[[ Extracted records, beginning ]]

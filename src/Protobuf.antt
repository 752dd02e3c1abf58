-- ===== src/Protobuf.antt =====
-- include/cloudevents/format/protobuf_format.hpp: the walk over the fields of a message body, and
-- the values read from single fields.
pub mod Walk
pub mod Visits
pub mod Values
pub mod Value
pub mod Scan
pub mod Decode
pub mod Encode
pub mod Entries
pub mod Applied
pub mod Context
pub mod Attributes
pub mod Fields
pub mod Message
pub mod Limits
pub mod RoundTrip
pub mod Batch
pub mod Invariant
pub mod ReadValues
pub mod Scanned
pub mod Sound
pub mod Decoded
use cloudevents_sdk_cpp.Base.{
  ℕ, zero, suc, ◌+◌, ◌-◌, ◌*◌, ◌/◌, ◌^◌, ◌%◌, ◌<◌, Bool, true, false, ◌&&◌, ◌||◌, Option, none,
  some, List, [], ◌∷◌, ◌++◌, Bytes, length, ltb, leb, ◌==◌, if◌then◌else◌,
}
use cloudevents_sdk_cpp.Errors.{Result, ok, err, fail, parse_error, ◌>>=◌}
use cloudevents_sdk_cpp.Wire.{
  WireType, varint, fixed64, length_delimited, fixed32, FieldHeader, read_varint, read_header,
  read_length_delimited, skip,
}

-- One field read off the wire.
pub record Field : Type 0 where
  pub number : ℕ
  pub kind : WireType
  pub varint : ℕ
  pub body : Bytes

-- what `read_field` does behind the header, by the wire type
abbrev pub read_field_of : WireType → ℕ → Bytes → Result (Option Field × Bytes)
read_field_of varint number rest = do
  (value, rest') ← read_varint rest
  ok (some (record { number = number; kind = varint; varint = value; body = [] }), rest')
read_field_of length_delimited number rest = do
  (body, rest') ← read_length_delimited rest
  ok (some (record { number = number; kind = length_delimited; varint = 0; body = body }), rest')
read_field_of fixed64 number rest = do rest' ← skip fixed64 rest; ok (none, rest')
read_field_of fixed32 number rest = do rest' ← skip fixed32 rest; ok (none, rest')

unfoldable pub read_field : Bytes → Result (Option Field × Bytes)
read_field rest = do (head, rest') ← read_header rest; read_field_of head.kind head.number rest'

module _ {ℓ} {S : Type ℓ} (visit : Field → S → Result S) where
  -- `visit` returns the variables that the source's lambda assigns
  abbrev pub visit_read : Option Field → S → Result S
  visit_read none s = ok s
  visit_read (some current) s = visit current s

  -- Each round takes a byte at least, so as many rounds as there are bytes are enough.
  unfoldable pub for_each_loop : ℕ → S → Bytes → Result S
  for_each_loop fuel s [] = ok s
  for_each_loop zero s (b ∷ bytes) = ok s
  for_each_loop (suc fuel) s (b ∷ bytes) =
      read_field (b ∷ bytes) >>= λ read. visit_read read.0 s >>= λ s'. for_each_loop fuel s' read.1

  unfoldable pub for_each_field : S → Bytes → Result S
  unfolding for_each_loop
  for_each_field s body = for_each_loop (length body) s body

[[ Extracted records, end ]]

* [Directions]: An exact transcription of all the records is needed.

* [Completed exercise]:
filename src/Protobuf.antt
repository 752dd02e3c1abf58
-- ===== src/Protobuf.antt =====
-- include/cloudevents/format/protobuf_format.hpp: the walk over the fields of a message body, and
-- the values read from single fields.
pub mod Walk
pub mod Visits
pub mod Values
pub mod Value
pub mod Scan
pub mod Decode
pub mod Encode
pub mod Entries
pub mod Applied
pub mod Context
pub mod Attributes
pub mod Fields
pub mod Message
pub mod Limits
pub mod RoundTrip
pub mod Batch
pub mod Invariant
pub mod ReadValues
pub mod Scanned
pub mod Sound
pub mod Decoded
use cloudevents_sdk_cpp.Base.{
  ℕ, zero, suc, ◌+◌, ◌-◌, ◌*◌, ◌/◌, ◌^◌, ◌%◌, ◌<◌, Bool, true, false, ◌&&◌, ◌||◌, Option, none,
  some, List, [], ◌∷◌, ◌++◌, Bytes, length, ltb, leb, ◌==◌, if◌then◌else◌,
}
use cloudevents_sdk_cpp.Errors.{Result, ok, err, fail, parse_error, ◌>>=◌}
use cloudevents_sdk_cpp.Wire.{
  WireType, varint, fixed64, length_delimited, fixed32, FieldHeader, read_varint, read_header,
  read_length_delimited, skip,
}

-- One field read off the wire.
pub record Field : Type 0 where
  pub number : ℕ
  pub kind : WireType
  pub varint : ℕ
  pub body : Bytes

-- what `read_field` does behind the header, by the wire type
abbrev pub read_field_of : WireType → ℕ → Bytes → Result (Option Field × Bytes)
read_field_of varint number rest = do
  (value, rest') ← read_varint rest
  ok (some (record { number = number; kind = varint; varint = value; body = [] }), rest')
read_field_of length_delimited number rest = do
  (body, rest') ← read_length_delimited rest
  ok (some (record { number = number; kind = length_delimited; varint = 0; body = body }), rest')
read_field_of fixed64 number rest = do rest' ← skip fixed64 rest; ok (none, rest')
read_field_of fixed32 number rest = do rest' ← skip fixed32 rest; ok (none, rest')

unfoldable pub read_field : Bytes → Result (Option Field × Bytes)
read_field rest = do (head, rest') ← read_header rest; read_field_of head.kind head.number rest'

module _ {ℓ} {S : Type ℓ} (visit : Field → S → Result S) where
  -- `visit` returns the variables that the source's lambda assigns
  abbrev pub visit_read : Option Field → S → Result S
  visit_read none s = ok s
  visit_read (some current) s = visit current s

  -- Each round takes a byte at least, so as many rounds as there are bytes are enough.
  unfoldable pub for_each_loop : ℕ → S → Bytes → Result S
  for_each_loop fuel s [] = ok s
  for_each_loop zero s (b ∷ bytes) = ok s
  for_each_loop (suc fuel) s (b ∷ bytes) =
      read_field (b ∷ bytes) >>= λ read. visit_read read.0 s >>= λ s'. for_each_loop fuel s' read.1

  unfoldable pub for_each_field : S → Bytes → Result S
  unfolding for_each_loop
  for_each_field s body = for_each_loop (length body) s body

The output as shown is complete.